What is elastic search What is elastic search elasticsearch elasticsearch

What is elastic search


Elasticsearch is a database, however it's not a relational database like you may be used to. It is a NoSQL database.

You insert JSON documents into an index. You query that index to find documents that match a particular criterion.

It is also sharded and node distributed, which gives it resilience and scalability, and also - if you set it up right - performance.

This means it's really good at 'search engine' style database queries, but because it's not relational, it cannot do the equivalent of a SQL JOIN operation very easily.
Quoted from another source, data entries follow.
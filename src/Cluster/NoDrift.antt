-- ===== src/Cluster/NoDrift.antt =====
-- The comparison of a cluster with its export, once the platform has what the user declared.
use provider_crossplane_akui.Common.{
  ok, ◌==◌, ◌≡◌, refl, sym, ap, subst, ◌∙◌, inl, inr, String, Bool, true, false, Option, none, some,
}
use provider_crossplane_akui.Drift.{normalized, projected, evaluate_drift, run_side}
use provider_crossplane_akui.ClusterTypes.{ClusterData}
use provider_crossplane_akui.Cluster.{
  ClusterParameters, WireCluster, ClusterApi, ClusterWorld, with_data,
}
use provider_crossplane_akui.Cluster.Convert.{spec_to_api, wire_to_spec}
use provider_crossplane_akui.Cluster.Normalize.{
  normalize_cluster_data, overlay_cluster_get_only_data, drift_spec,
}
use provider_crossplane_akui.Cluster.Observe.{
  exists, guarded_observation, kept_if_declared, kept_if_stamped, drift_data, compare_cluster,
}
use provider_crossplane_akui.Cluster.RoundTrip.{
  rendered, image, with_size, IsProjected, spec_to_api-steps,
}
use provider_crossplane_akui.Cluster.Entries.{Renders}
use provider_crossplane_akui.Cluster.Rendered.{rendered-equivalent_to}
use provider_crossplane_akui.Cluster.Absorbed.{
  IsApplied, HoldsDeclared, echoing, sent_data, seen_data, IsProjected-IsSentAs,
  normalize_cluster_data-seen_data,
}

-- What an export gives of the cluster that was applied, with stray values where it may stray.
abbrev pub exported_as :
    {S T C : Type 0}
    → ClusterApi S T C
    → ClusterWorld S
    → WireCluster T
    → ClusterData
    → ClusterParameters
exported_as api w wire stray =
    let p = w.mg.for_provider in
    let target = wire_to_spec api.codecs p.instance_id p wire in
    with_data target (echoing target.cluster_spec.cluster_data stray)

module _ {S T C : Type 0} (api : ClusterApi S T C) where
  kept_if_declared-IsApplied : (x y : Option Bool) → IsApplied x y → kept_if_declared api x y ≡ x
  kept_if_declared-IsApplied none y h = refl
  kept_if_declared-IsApplied (some x) y (inl h) = absurd (cc)
  kept_if_declared-IsApplied (some x) y (inr h) = sym h

  kept_if_stamped-IsApplied : (x y : Option String) → IsApplied x y → kept_if_stamped api x y ≡ x
  kept_if_stamped-IsApplied none y h = refl
  kept_if_stamped-IsApplied (some x) y (inl h) = absurd (cc)
  kept_if_stamped-IsApplied (some x) y (inr h) = sym h

  drift_data-seen_data :
      (e a d x : ClusterData) (z k : String)
      → HoldsDeclared e a
      → d ≡ sent_data e z d.kustomization
      → drift_data api e a (echoing (image api.codecs d k) x)
        ≡ seen_data e a z (rendered api.codecs k)
  unfolding overlay_cluster_get_only_data
  drift_data-seen_data e a d x z k holds s =
      ap (λ (y : ClusterData). drift_data api e a (echoing (image api.codecs y k) x)) s
      ∙ cc (
        kept_if_declared-IsApplied e.maintenance_mode a.maintenance_mode holds.mode,
        kept_if_stamped-IsApplied e.maintenance_mode_expiry a.maintenance_mode_expiry holds.expiry,
      )

  with_size-given : (e : ClusterData) → (e.size == "") ≡ false → with_size e ≡ e
  with_size-given e n = rw n refl

  evaluate_drift-seen_data :
      (p : ClusterParameters) (o : ClusterData)
      → ((q : ClusterParameters) → api.equal q q ≡ true)
      → normalize_cluster_data api.codecs o p.cluster_spec.cluster_data ≡ o
      → (evaluate_drift api.equal
          (λ d (x : Unit {0}). d)
          (drift_spec api.codecs)
          p
          (with_data p o)).up_to_date
        ≡ ok true
  unfolding drift_spec normalized projected evaluate_drift run_side
  evaluate_drift-seen_data p o same n = rw (n, same (with_data p o)) refl

  -- What the comparison takes for observed.
  abbrev compared : ClusterWorld S → ClusterParameters → ClusterParameters → ClusterParameters
  compared w actual target = with_data target (
      drift_data api w.mg.for_provider.cluster_spec.cluster_data actual.cluster_spec.cluster_data
        target.cluster_spec.cluster_data)

  compare_cluster-of-verdict :
      (w : ClusterWorld S) (actual target : ClusterParameters)
      → (evaluate_drift api.equal
          (λ d (x : Unit {0}). d)
          (drift_spec api.codecs)
          w.mg.for_provider
          (compared w actual target)).up_to_date
        ≡ ok true
      → ((compare_cluster api w actual target).obs ≡ exists api true)
        × ((compare_cluster api w actual target).error ≡ none)
  unfolding compare_cluster guarded_observation
  compare_cluster-of-verdict w actual target v = rw v (refl, refl)

  -- Once the platform holds what the user declared, the comparison finds no drift and reports the
  -- cluster as existing and up to date, with no error. It holds of any parameters that can be
  -- applied, of size "custom" included, with a size, as late initialisation leaves them. The export
  -- gives back what was applied; but of the fields that only a get reports, and of the maintenance
  -- mode, it may give back anything, and there it is the get that holds what the user declared, if
  -- the user declared it.
  pub compare_cluster-HoldsDeclared :
      (w : ClusterWorld S) (actual : ClusterParameters) (wire : WireCluster T) (stray : ClusterData)
      → Renders api.codecs
      → ((q : ClusterParameters) → api.equal q q ≡ true)
      → spec_to_api api.codecs w.mg.for_provider ≡ ok wire
      → (w.mg.for_provider.cluster_spec.cluster_data.size == "") ≡ false
      → HoldsDeclared w.mg.for_provider.cluster_spec.cluster_data actual.cluster_spec.cluster_data
      → ((compare_cluster api w actual (exported_as api w wire stray)).obs ≡ exists api true)
        × ((compare_cluster api w actual (exported_as api w wire stray)).error ≡ none)
  compare_cluster-HoldsDeclared w actual wire stray law same h n holds =
      let p = w.mg.for_provider in
      let e = p.cluster_spec.cluster_data in
      let a = actual.cluster_spec.cluster_data in
      let (d, k, is, raw, back) = spec_to_api-steps api.codecs p.instance_id p wire h in
      let yaml = api.codecs.codec.yaml in
      let as_sent =
        IsProjected-IsSentAs yaml e d
          (subst (λ (x : ClusterData). IsProjected yaml x d) (with_size-given e n) is) in
      let t = rendered api.codecs k in
      let o = seen_data e a as_sent.z t in
      let q = d.kustomization in
      let alike = rendered-equivalent_to api.codecs q k law raw in
      let normal =
        normalize_cluster_data-seen_data api.codecs e a as_sent.z q t holds as_sent.not_auto
          (as_sent.dashboard a.multi_cluster_k8s_dashboard_enabled
            ∙ ap
                (λ (y : ClusterData). record y {
                  multi_cluster_k8s_dashboard_enabled = a.multi_cluster_k8s_dashboard_enabled;
                })
                as_sent.same)
          alike in
      let seen = drift_data-seen_data e a d stray as_sent.z k holds as_sent.same in
      let verdict = evaluate_drift-seen_data p o same normal in
      let target =
        ap
          (λ (x : ClusterParameters).
            compared w actual (with_data x (echoing x.cluster_spec.cluster_data stray)))
          back
        ∙ ap (with_data p) seen in
      compare_cluster-of-verdict w actual (exported_as api w wire stray) (
        subst
          (λ (x : ClusterParameters).
            (evaluate_drift api.equal (λ d (u : Unit {0}). d) (drift_spec api.codecs) p
              x).up_to_date
            ≡ ok true)
          (sym target) verdict)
One example use case is logstash and kibana - known as the ELK stack - where system event logs (syslog, httpd logs, that kind of thing) are processed by logstash to parse metadata - like log source, referrer, URL, session ID, etc. - and then inserted into elasticsearch.

As each event is a self contained piece of information, this is what elasticsearch does particularly well.

You can then use Kibana as a visualisation engine to display your logs, but also perform analysis - most hit pages, geographic distribution of requests, incoming referrers, time based distribution of requests, etc.

But it also collates these logs, so if you run a really large, geographically distributed website with multiple webserver nodes - or maybe you just have a lot of servers in your computer room and want to summarise the system logs - you can feed the whole lot into elastic search.

It's design is such that it's good at handling near-real-time data insertion and analysis. It also works quite well for 'forum style' data models, as essentially all you're doing is querying a list of posts with a particular forum name, and finding replies to a particular parent node - but they're standalone 'documents'.

So yes, you probably could use it to search an existing database, but you'll have to think about your data model - you can't just translate a conventional relational model, you would have to flatten it. Denormalisation is something of a sin in RDBMS terms, but it's actually quite good for search engines, because you can execute queries in parallel more efficiently.


Databases cannot be optimized for all use cases, but luckily there are many databases available so we can choose the best one for each task.

Elasticsearch is optimized for:

  • Filtering of documents (exact match)
  • Search ranking of documents (relevance of search terms)
  • Aggregation of results (sums, distinct counts, percentiles, ...)

Neo4j is optimized for:

  • Graph traversal (naturally)
  • High performance when operated on a "local" graph neighborhood (context)

Actually both databases use the same underlying library Lucene to "index" data to be searched later.